Gregory Nagy has lost count of how many times he has visited the Museum at Olympia. But during each visit he stares in awe at the broken sculptures that once graced the Temple of Zeus. In the second century CE, the traveler Pausanias saw those same statues in all their intact beauty, and his descriptions anchor Nagy’s intriguing and intricately argued new book.1 Simply stated, Nagy maps a ritual story-system linking ancient Greek athletes, poets, and heroes in a sacred chain stretching back to Herakles’ mythic struggle with death.2
Nagy is prone to big thinking based on close reading. Building on the work of his teacher Albert Lord, who assisted the great oral-theorist Milman Parry, Nagy is perhaps best known for his evolutionary theory of Homeric composition.3 As Professor of Classical Greek and Comparative Literature at Harvard, Nagy has exerted, in Homeric studies, something like the gravitational pull of Jupiter.
Some of the material in this book will be familiar to those who follow Nagy’s work. Serialized over the past four years in the Harvard open-access journal Classical Continuum, the text repurposes passages on athletes from Nagy’s 2013 study The Ancient Greek Hero in 24 Hours, which he omitted in a streamlined 2020 revision of the book. Combining that earlier work with much that is new, Nagy foregrounds what we might call the poetics of athletics.

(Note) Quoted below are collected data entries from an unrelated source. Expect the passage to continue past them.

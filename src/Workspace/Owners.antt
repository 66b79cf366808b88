-- ===== src/Workspace/Owners.antt =====
-- No call leaves a workspace without an owner.
use contractor_reviewer.Common.{
  ℕ, String, false, ◌≡◌, refl, sym, ap, ◌∙◌, ◌≢◌, ◌⊎◌, inl, inr, arith, none, some, Option-cases,
  Bool-cases, ◌==◌, ==-cases, subst,
}
use contractor_reviewer.Repository.{Repository}
use contractor_reviewer.Entities.{Role, owner, Workspace, WorkspaceMember, member_key}
use contractor_reviewer.Workspace.{
  Tables, Db, Fresh, is_owner, is_owner?, get_membership, get_user_role, create, update_name,
  add_member, update_member_role, remove_member, delete, find_by_id, new_member, save_member,
  cascade,
}
use contractor_reviewer.Workspace.Members.{
  Has, Has-save_ne, Has-save_self, Has-remove_ne, Has-ne_of_user, Has-eq, get_membership-Has,
  owner_row,
}
use text.Mathlib.TextEquality.{eq_iff}

module _ (N : Repository member_key) where
  abbrev pub OwnedIn : N.Table → String → Type 0
  OwnedIn t ws = (m : WorkspaceMember) × Has N t m × (m.workspace_id ≡ ws) × (m.role ≡ owner)

  OwnedIn-insert :
      (t : N.Table) (r : WorkspaceMember) (ws : String)
      → N.at t r.id ≡ none
      → OwnedIn t ws
      → OwnedIn (N.save r t) ws
  OwnedIn-insert t r ws fresh (m, h, w, o) =
      (m, Has-save_ne N t r m (λ e. ground (arith, sym fresh ∙ ap (N.at t) e ∙ h)) ∙ h, w, o)

  -- A row `r` is written or removed while another row `c` of its workspace is an owner's.
  OwnedIn-change :
      (t t' : N.Table) (r c : WorkspaceMember) (ws : String)
      → ((m : WorkspaceMember) → r.id ≢ m.id → N.at t' m.id ≡ N.at t m.id)
      → Has N t r
      → Has N t c
      → c.workspace_id ≡ r.workspace_id
      → c.role ≡ owner
      → r.user_id ≢ c.user_id
      → OwnedIn t ws
      → OwnedIn t' ws
  OwnedIn-change t t' r c ws same hr hc w o u (m, h, wm, om) = elim (==-cases r.id m.id) [
    | inl (_, e) ↦
        let rm : r ≡ m = Has-eq N t r m hr h e in
        (
          c,
          same c (Has-ne_of_user N t r c hr hc u) ∙ hc,
          w ∙ ap (λ (x : WorkspaceMember). x.workspace_id) rm ∙ wm,
          o,
        )
    | inr (_, e) ↦ (m, same m e ∙ h, wm, om)
  ]

  -- A row that is no owner's is removed.
  OwnedIn-remove :
      (t : N.Table) (r : WorkspaceMember) (ws : String)
      → Has N t r
      → is_owner r.role ≡ false
      → OwnedIn t ws
      → OwnedIn (N.remove r t) ws
  OwnedIn-remove t r ws hr other (m, h, wm, om) = elim (==-cases r.id m.id) [
    | inl (_, e) ↦
        let rm : r ≡ m = Has-eq N t r m hr h e in
        absurd (ground (arith, ap (λ (x : WorkspaceMember). is_owner x.role) rm, ap is_owner om))
    | inr (_, e) ↦ (m, Has-remove_ne N t r m e ∙ h, wm, om)
  ]

-- Adding a member changes nothing, or saves the new row.
pub add_member-cases :
    (T : Tables) (f : Fresh) (ws user : String) (role : Role) (db : Db T)
    → ((add_member T f ws user role db).1 ≡ db)
      ⊎ ((add_member T f ws user role db).1 ≡ save_member T (new_member T f ws user role) db)
unfolding add_member find_by_id
add_member-cases T f ws user role db =
    elim (Option-cases (T.workspaces.find_one (λ w. w.id == ws) db.workspaces)) [
      | inl e ↦ inl (ground arith)
      | inr (w, e) ↦ elim (Option-cases (get_membership T ws user db)) [
        | inl n ↦ inr (ground arith)
        | inr (m, n) ↦ inl (ground arith)
      ]
    ]

module _ (T : Tables) where
  -- Every workspace has a member with the role OWNER.
  abbrev pub IsOwned : Db T → Type 0
  IsOwned db =
      (w : Workspace)
      → T.workspaces.at db.workspaces w.id ≡ some w
      → OwnedIn T.members db.members w.id

  module _ (db : Db T) (owned : IsOwned db) where
    pub add_member-IsOwned :
        (f : Fresh) (ws user : String) (role : Role)
        → T.members.at db.members f.member_id ≡ none
        → IsOwned (add_member T f ws user role db).1
    add_member-IsOwned f ws user role fresh = elim (add_member-cases T f ws user role db) [
      | inl e ↦ rw e owned
      | inr e ↦ rw e (λ x hx.
          OwnedIn-insert T.members db.members (new_member T f ws user role) x.id fresh (owned x hx))
    ]

    pub create-IsOwned :
        (f : Fresh) (name creator : String)
        → T.members.at db.members f.member_id ≡ none
        → IsOwned (create T f name creator db).1
    unfolding create
    create-IsOwned f name creator fresh x hx = elim (==-cases f.workspace_id x.id) [
      | inl (_, e) ↦ (
        new_member T f f.workspace_id creator owner,
        Has-save_self T.members db.members _,
        e,
        refl,
      )
      | inr (b, e) ↦
          OwnedIn-insert T.members db.members (new_member T f f.workspace_id creator owner) x.id
            fresh (owned x (sym (T.workspaces.at-save _ db.workspaces x.id ∙ rw b) ∙ hx))
    ]

    pub update_name-IsOwned :
        (now : ℕ) (ws name : String) → IsOwned (update_name T now ws name db).1
    unfolding update_name find_by_id
    update_name-IsOwned now ws name =
        elim (Option-cases (T.workspaces.find_one (λ w. w.id == ws) db.workspaces)) [
          | inl e ↦ rw (e, update_name, find_by_id) owned
          | inr (w, e) ↦
              rw (e, update_name, find_by_id)
                (λ x hx. elim (==-cases w.id x.id) [
                  | inl (_, i) ↦
                      subst (OwnedIn T.members db.members) i
                        (owned w (T.workspaces.find_one_sound _ db.workspaces w e).0)
                  | inr (b, i) ↦
                      owned x (sym (T.workspaces.at-save _ db.workspaces x.id ∙ rw b) ∙ hx)
                ])
        ]

    pub update_member_role-IsOwned :
        (ws user : String) (role : Role) (current : String)
        → IsOwned (update_member_role T ws user role current db).1
    unfolding update_member_role
    update_member_role-IsOwned ws user role current =
        elim (Option-cases (get_membership T ws user db)) [
          | inl e ↦ rw (e, update_member_role) owned
          | inr (m, e) ↦ elim (Bool-cases (is_owner? (get_user_role T ws current db))) [
            | inr o ↦ rw (e, o, update_member_role) owned
            | inl o ↦ elim (==-cases user current) [
              | inl (b, _) ↦ rw (e, o, b, update_member_role) owned
              | inr (b, ne) ↦
                  let (hm, wm, um) = get_membership-Has T ws user db m e in
                  let (c, hc, wc, uc, oc) = owner_row T ws current db o in
                  rw (e, o, b, update_member_role)
                    (λ x hx.
                      OwnedIn-change T.members db.members _ m c x.id
                        (λ y ny. Has-save_ne T.members db.members (record m { role = role }) y ny)
                        hm hc (wc ∙ sym wm) oc (λ q. ne (sym um ∙ q ∙ uc)) (owned x hx))
            ]
          ]
        ]

    pub remove_member-IsOwned :
        (ws user current : String) → IsOwned (remove_member T ws user current db).1
    unfolding remove_member
    remove_member-IsOwned ws user current = elim (Option-cases (get_membership T ws user db)) [
      | inl e ↦ rw (e, remove_member) owned
      | inr (m, e) ↦
          let (hm, wm, um) = get_membership-Has T ws user db m e in
          elim (Bool-cases (is_owner m.role)) [
            | inr other ↦ elim (Bool-cases (user == current)) [
              | inl b ↦
                  rw (e, other, b, remove_member)
                    (λ x hx. OwnedIn-remove T.members db.members m x.id hm other (owned x hx))
              | inr b ↦
                  rw (e, other, b, remove_member)
                    (λ x hx. OwnedIn-remove T.members db.members m x.id hm other (owned x hx))
            ]
            | inl is ↦ elim (==-cases user current) [
              | inl (b, _) ↦ rw (e, is, b, remove_member) owned
              | inr (b, ne) ↦ elim (Bool-cases (is_owner? (get_user_role T ws current db))) [
                | inr o ↦ rw (e, is, b, o, remove_member) owned
                | inl o ↦
                    let (c, hc, wc, uc, oc) = owner_row T ws current db o in
                    rw (e, is, b, o, remove_member)
                      (λ x hx.
                        OwnedIn-change T.members db.members _ m c x.id
                          (Has-remove_ne T.members db.members m) hm hc (wc ∙ sym wm) oc
                          (λ q. ne (sym um ∙ q ∙ uc)) (owned x hx))
              ]
            ]
          ]
    ]

    cascade-IsOwned : (w : Workspace) → IsOwned (cascade T w db)
    cascade-IsOwned w x hx = elim (==-cases w.id x.id) [
      | inl (b, _) ↦ absurd (ground (arith, hx, T.workspaces.at-remove w db.workspaces x.id, b))
      | inr (b, ne) ↦
          let (m, hm, wm, om) =
            owned x (sym (T.workspaces.at-remove w db.workspaces x.id ∙ rw b) ∙ hx) in
          (
            m,
            ground (
              arith,
              T.members.at-delete (λ y. y.workspace_id == w.id) db.members m.id,
              hm,
              eq_iff m.workspace_id w.id,
            ),
            wm,
            om,
          )
    ]

    pub delete-IsOwned : (ws user : String) → IsOwned (delete T ws user db).1
    unfolding delete
    delete-IsOwned ws user = elim (Bool-cases (is_owner? (get_user_role T ws user db))) [
      | inr o ↦ rw (o, delete) owned
      | inl o ↦ elim (Option-cases (T.workspaces.find_one (λ w. w.id == ws) db.workspaces)) [
        | inl e ↦ rw (o, e, delete) owned
        | inr (w, e) ↦ rw (o, e, delete) (cascade-IsOwned w)
      ]
    ]
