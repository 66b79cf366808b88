-- ===== src/Auth/Effects.antt =====
-- What the deletion of an account leaves.
use contractor_reviewer.Common.{
  String, Bool, true, false, ◌≡◌, sym, ap, ◌∙◌, ◌≢◌, inl, inr, arith, none, some, Option-cases,
  Bool-cases, if◌then◌else◌, ◌==◌, ==-cases, any,
}
use contractor_reviewer.Entities.{WorkspaceMember, User}
use contractor_reviewer.Repository.{unless}
use contractor_reviewer.Workspace.{Tables, Db}
use contractor_reviewer.Workspace.Members.{Has, IsUnique}
use contractor_reviewer.Workspace.Owners.{IsOwned, OwnedIn}
use contractor_reviewer.Auth.{
  Services, Result, ok, err, only_owner, has_id, owns, is_only_owner, deactivate, remove_user,
  delete_account,
}
use contractor_reviewer.Auth.Deletion.{IsSoleOwner, other_owner, at-remove_user}
use text.Mathlib.TextEquality.{eq_iff}

module _ (S : Services) (T : Tables) where
  -- There is no such user.
  pub record IsUnknown (user : String) (db : Db T) (r : Result Bool) (db' : Db T) : Type 0 where
    pub answer : r ≡ ok false
    pub same : db' ≡ db
    pub unknown : T.users.at db.users user ≡ none

  -- The user is the only owner of some workspace, and becomes inactive.
  pub record IsRefused (user : String) (db : Db T) (r : Result Bool) (db' : Db T) : Type 0 where
    pub answer : r ≡ err only_owner
    pub u : User
    pub stored : T.users.at db.users user ≡ some u
    pub sole : (m : WorkspaceMember) × IsSoleOwner S T user db m
    pub after : db' ≡ deactivate S T u db

  -- A user who owns no workspace: the user and their memberships are gone, and no other user and no
  -- other membership.
  pub record IsDeleted (user : String) (db : Db T) (r : Result Bool) (db' : Db T) : Type 0 where
    pub answer : r ≡ ok true
    pub stored : (u : User) × (T.users.at db.users user ≡ some u)
    pub users :
        (k : String) → T.users.at db'.users k ≡ (if user == k then none else T.users.at db.users k)
    pub members :
        (k : String)
        → T.members.at db'.members k ≡ unless (λ m. m.user_id == user) (T.members.at db.members k)
    pub no_owner : (m : WorkspaceMember) → Has T.members db.members m → owns S T user m ≡ false

  -- A user who owns workspaces, each together with another: no other user and no other membership
  -- is changed.
  pub record IsCoOwner (user : String) (db db' : Db T) : Type 0 where
    pub stored : (u : User) × (T.users.at db.users user ≡ some u)
    pub owner_row : (m : WorkspaceMember) × Has T.members db.members m × (owns S T user m ≡ true)
    pub not_sole : (m : WorkspaceMember) → ¬ IsSoleOwner S T user db m
    pub users :
        (k : String)
        → (if user == k then none else T.users.at db'.users k)
          ≡ (if user == k then none else T.users.at db.users k)
    pub members :
        (k : String)
        → unless (λ m. m.user_id == user) (T.members.at db'.members k)
          ≡ unless (λ m. m.user_id == user) (T.members.at db.members k)

  found-user :
      (user : String) (db : Db T) (u : User)
      → T.users.find_one (has_id S T user) db.users ≡ some u
      → (u.id ≡ user) × (T.users.at db.users user ≡ some u)
  found-user user db u e =
      let (h, b) = T.users.find_one_sound (has_id S T user) db.users u e in
      let id : u.id ≡ user = (eq_iff u.id user).0 b in (id, ap (T.users.at db.users) (sym id) ∙ h)

  -- A row of another user stays.
  Has-remove_user :
      (u : User) (db : Db T) (m : WorkspaceMember)
      → Has T.members db.members m
      → m.user_id ≢ u.id
      → Has T.members (remove_user S T u db).members m
  Has-remove_user u db m h ne =
      ground (arith, at-remove_user S T u db m.id, h, eq_iff m.user_id u.id)

  remove_user-OwnedIn :
      (u : User) (db : Db T) (ws : String)
      → IsUnique T.members db.members
      → any (is_only_owner S T db) (T.members.find (owns S T u.id) db.members) ≡ false
      → OwnedIn T.members db.members ws
      → OwnedIn T.members (remove_user S T u db).members ws
  remove_user-OwnedIn u db ws unique o (m, h, w, om) = elim (==-cases m.user_id u.id) [
    | inr (b, ne) ↦ (m, Has-remove_user u db m h ne, w, om)
    | inl (b, e) ↦
        let (c, hc, wc, oc, uc) = other_owner S T u.id db m unique o h e om in
        (c, Has-remove_user u db c hc uc, wc ∙ w, oc)
  ]

  -- If memberships are unique and every workspace has an owner, then so it is after a call of
  -- deleteAccount, whatever it answers.
  pub delete_account-IsOwned :
      (user : String) (db : Db T)
      → IsUnique T.members db.members
      → IsOwned T db
      → IsOwned T (delete_account S T user db).1
  unfolding delete_account
  delete_account-IsOwned user db unique owned =
      elim (Option-cases (T.users.find_one (has_id S T user) db.users)) [
        | inl e ↦ rw (e, delete_account) owned
        | inr (u, e) ↦
            let (id, h) = found-user user db u e in
            elim (Bool-cases
              (any (is_only_owner S T db) (T.members.find (owns S T user) db.members))) [
                | inl o ↦ rw (e, o, delete_account) owned
                | inr o ↦
                    rw (e, o, delete_account)
                      (λ w hw.
                        remove_user-OwnedIn u db w.id unique
                          (ap
                              (λ x.
                                any (is_only_owner S T db) (T.members.find (owns S T x) db.members))
                              id
                            ∙ o)
                          (owned w hw))
              ]
      ]
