-- ===== src/Repository/Lookup.antt =====
-- Looking a row up by a condition that one row at most meets.
use contractor_reviewer.Common.{
  String, Bool, true, false, ◌≡◌, sym, ap, ◌∙◌, ◌≢◌, inl, inr, arith, none, some, Option-cases,
  Bool-cases, ==-cases, if◌then◌else◌, ◌⊎◌,
}
use contractor_reviewer.Repository.{Repository}
use text.Mathlib.TextEquality.{eq_iff}

module _ {Row : Type 0} (key : Row → String) (N : Repository key) where
  abbrev pub Has : N.Table → Row → Type 0
  Has t r = N.at t (key r) ≡ some r

  -- At most one row of the table meets the condition.
  abbrev pub IsUniqueFor : (Row → Bool) → N.Table → Type 0
  IsUniqueFor p t = (a b : Row) → Has t a → Has t b → p a ≡ true → p b ≡ true → a ≡ b

  pub find_one-some :
      (p : Row → Bool) (t : N.Table) (r : Row)
      → IsUniqueFor p t
      → Has t r
      → p r ≡ true
      → N.find_one p t ≡ some r
  find_one-some p t r unique h q = elim (Option-cases (N.find_one p t)) [
    | inl e ↦ absurd (ground (arith, N.find_one_complete p t (key r) r e h, q))
    | inr (s, e) ↦ let (hs, qs) = N.find_one_sound p t s e in e ∙ ap some (unique s r hs h qs q)
  ]

  pub find_one-none :
      (p : Row → Bool) (t : N.Table) → ((r : Row) → Has t r → p r ≡ false) → N.find_one p t ≡ none
  find_one-none p t h = elim (Option-cases (N.find_one p t)) [
    | inl e ↦ e
    | inr (s, e) ↦ let (hs, qs) = N.find_one_sound p t s e in absurd (ground (arith, h s hs, qs))
  ]

  pub Has-save_self : (t : N.Table) (r : Row) → Has (N.save r t) r
  Has-save_self t r = ground (arith, N.at-save r t (key r), eq_iff (key r) (key r))

  pub Has-save_ne :
      (t : N.Table) (r s : Row) → key r ≢ key s → N.at (N.save r t) (key s) ≡ N.at t (key s)
  Has-save_ne t r s h = ground (arith, N.at-save r t (key s), eq_iff (key r) (key s))

  pub Has-save_cases :
      (t : N.Table) (r s : Row) → Has (N.save r t) s → (r ≡ s) ⊎ (key r ≢ key s) × Has t s
  Has-save_cases t r s h = elim (==-cases (key r) (key s)) [
    | inl (b, e) ↦ inl (ground (arith, N.at-save r t (key s), eq_iff (key r) (key s)))
    | inr (b, n) ↦ inr (n, sym (Has-save_ne t r s n) ∙ h)
  ]

  -- A row under an unused key: it is found by its own condition, and hides no other row.
  pub find_one-insert :
      (p : Row → Bool) (t : N.Table) (r : Row)
      → IsUniqueFor p t
      → N.at t (key r) ≡ none
      → (p r ≡ true → N.find_one p t ≡ none)
      → N.find_one p (N.save r t) ≡ (if p r then some r else N.find_one p t)
  find_one-insert p t r unique fresh first = elim (Bool-cases (p r)) [
    | inl b ↦ rw b (
        find_one-some p (N.save r t) r
          (λ x y hx hy px py. sym (only x hx px (first b)) ∙ only y hy py (first b))
          (Has-save_self t r) b)
    | inr b ↦ rw b (elim (Option-cases (N.find_one p t)) [
      | inl e ↦
          find_one-none p (N.save r t) (λ s hs. elim (Has-save_cases t r s hs) [
            | inl q ↦ ground (arith, ap p q, b)
            | inr (n, h) ↦ N.find_one_complete p t (key s) s e h
          ])
          ∙ sym e
      | inr (m, e) ↦
          let (h, q) = N.find_one_sound p t m e in
          find_one-some p (N.save r t) m
            (λ x y hx hy px py. unique x y (old x hx px b) (old y hy py b) px py)
            (Has-save_ne t r m (λ k. ground (arith, sym fresh ∙ ap (N.at t) k ∙ h)) ∙ h) q
          ∙ sym e
    ])
  ]
    where
      only : (x : Row) → Has (N.save r t) x → p x ≡ true → N.find_one p t ≡ none → r ≡ x
      only x hx px n = elim (Has-save_cases t r x hx) [
        | inl q ↦ q
        | inr (k, h) ↦ absurd (ground (arith, N.find_one_complete p t (key x) x n h, px))
      ]

      old : (x : Row) → Has (N.save r t) x → p x ≡ true → p r ≡ false → Has t x
      old x hx px b = elim (Has-save_cases t r x hx) [
        | inl q ↦ absurd (ground (arith, ap p q, px, b))
        | inr (k, h) ↦ h
      ]

  -- A row is written over one that meets the same condition, or that does not meet it either.
  pub find_one-update :
      (p : Row → Bool) (t : N.Table) (old r : Row)
      → IsUniqueFor p t
      → Has t old
      → key old ≡ key r
      → p old ≡ p r
      → N.find_one p (N.save r t) ≡ (if p r then some r else N.find_one p t)
  find_one-update p t old r unique hold ke pe = elim (Bool-cases (p r)) [
    | inl b ↦ rw b (
        find_one-some p (N.save r t) r (λ x y hx hy px py. sym (only x hx px b) ∙ only y hy py b)
          (Has-save_self t r) b)
    | inr b ↦ rw b (elim (Option-cases (N.find_one p t)) [
      | inl e ↦
          find_one-none p (N.save r t) (λ s hs. elim (Has-save_cases t r s hs) [
            | inl q ↦ ground (arith, ap p q, b)
            | inr (n, h) ↦ N.find_one_complete p t (key s) s e h
          ])
          ∙ sym e
      | inr (m, e) ↦
          let (h, q) = N.find_one_sound p t m e in
          let ne : key r ≢ key m = λ k.
            let same : old ≡ m = ground (arith, sym hold ∙ ap (N.at t) (ke ∙ k) ∙ h) in
            ground (arith, ap p same, pe, b, q) in
          find_one-some p (N.save r t) m
            (λ x y hx hy px py. unique x y (kept x hx px b) (kept y hy py b) px py)
            (Has-save_ne t r m ne ∙ h) q
          ∙ sym e
    ])
  ]
    where
      only : (x : Row) → Has (N.save r t) x → p x ≡ true → p r ≡ true → r ≡ x
      only x hx px b = elim (Has-save_cases t r x hx) [
        | inl q ↦ q
        | inr (k, h) ↦ absurd (k (sym ke ∙ ap key (unique old x hold h (pe ∙ b) px)))
      ]

      kept : (x : Row) → Has (N.save r t) x → p x ≡ true → p r ≡ false → Has t x
      kept x hx px b = elim (Has-save_cases t r x hx) [
        | inl q ↦ absurd (ground (arith, ap p q, px, b))
        | inr (k, h) ↦ h
      ]

  -- One row at most meets the condition still, when a row is written that no other row competes with.
  pub IsUniqueFor-save :
      (p : Row → Bool) (t : N.Table) (r : Row)
      → IsUniqueFor p t
      → ((x : Row) → Has t x → p x ≡ true → p r ≡ true → key x ≡ key r)
      → IsUniqueFor p (N.save r t)
  IsUniqueFor-save p t r unique alone a b ha hb pa pb = elim (Has-save_cases t r a ha) [
    | inl ra ↦ elim (Has-save_cases t r b hb) [
      | inl rb ↦ sym ra ∙ rb
      | inr (nb, h) ↦ absurd (nb (sym (alone b h pb (ap p ra ∙ pa))))
    ]
    | inr (na, h) ↦ elim (Has-save_cases t r b hb) [
      | inl rb ↦ absurd (na (sym (alone a h pa (ap p rb ∙ pb))))
      | inr (nb, h') ↦ unique a b h h' pa pb
    ]
  ]

  pub Has-remove : (t : N.Table) (r x : Row) → Has (N.remove r t) x → (key r ≢ key x) × Has t x
  Has-remove t r x h = elim (==-cases (key r) (key x)) [
    | inl (b, e) ↦ absurd (ground (arith, N.at-remove r t (key x), b, h))
    | inr (b, n) ↦ (n, ground (arith, N.at-remove r t (key x), b, h))
  ]

  pub IsUniqueFor-remove :
      (p : Row → Bool) (t : N.Table) (r : Row) → IsUniqueFor p t → IsUniqueFor p (N.remove r t)
  IsUniqueFor-remove p t r unique a b ha hb =
      unique a b (Has-remove t r a ha).1 (Has-remove t r b hb).1

  -- The row that meets the condition is removed, or another one.
  pub find_one-remove :
      (p : Row → Bool) (t : N.Table) (r : Row)
      → IsUniqueFor p t
      → Has t r
      → N.find_one p (N.remove r t) ≡ (if p r then none else N.find_one p t)
  find_one-remove p t r unique hr = elim (Bool-cases (p r)) [
    | inl b ↦ rw b (
        find_one-none p (N.remove r t) (λ x hx. elim (Bool-cases (p x)) [
          | inr q ↦ q
          | inl q ↦ let (n, h) = Has-remove t r x hx in absurd (n (ap key (unique r x hr h b q)))
        ]))
    | inr b ↦ rw b (elim (Option-cases (N.find_one p t)) [
      | inl e ↦
          find_one-none p (N.remove r t)
            (λ x hx. N.find_one_complete p t (key x) x e (Has-remove t r x hx).1)
          ∙ sym e
      | inr (m, e) ↦
          let (h, q) = N.find_one_sound p t m e in
          find_one-some p (N.remove r t) m (IsUniqueFor-remove p t r unique) (kept m h q b) q
          ∙ sym e
    ])
  ]
    where
      kept : (m : Row) → Has t m → p m ≡ true → p r ≡ false → Has (N.remove r t) m
      kept m h q b = elim (==-cases (key r) (key m)) [
        | inl (c, k) ↦ absurd (
            let same : r ≡ m = ground (arith, sym hr ∙ ap (N.at t) k ∙ h) in
            ground (arith, ap p same, b, q))
        | inr (c, n) ↦ ground (arith, N.at-remove r t (key m), c, h)
      ]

The book unfolds in four sweeping movements. Nagy opens with a surprising parallel: the athletic prowess of the mythical Amazons measured against male heroes like Hippolytus, challenging long-held views of heroism as exclusively male. The impact of this finding is relatively muted in Part 1, which connects the Olympics and other athletic traditions to stories of Herakles. But in Part 2, by parsing the gods not just as distant voyeurs but direct overseers of the Games, Nagy again disrupts male-centric readings by promoting Hera from her usual background role to a central figure of divine supervision. The conclusion is Nagy at his most expansive: a deep-digging, wide-ranging, mind-blowing synthesis of ritual, heroism, war, sport, and myth, construing them all as tines on the pitchfork of human mortality.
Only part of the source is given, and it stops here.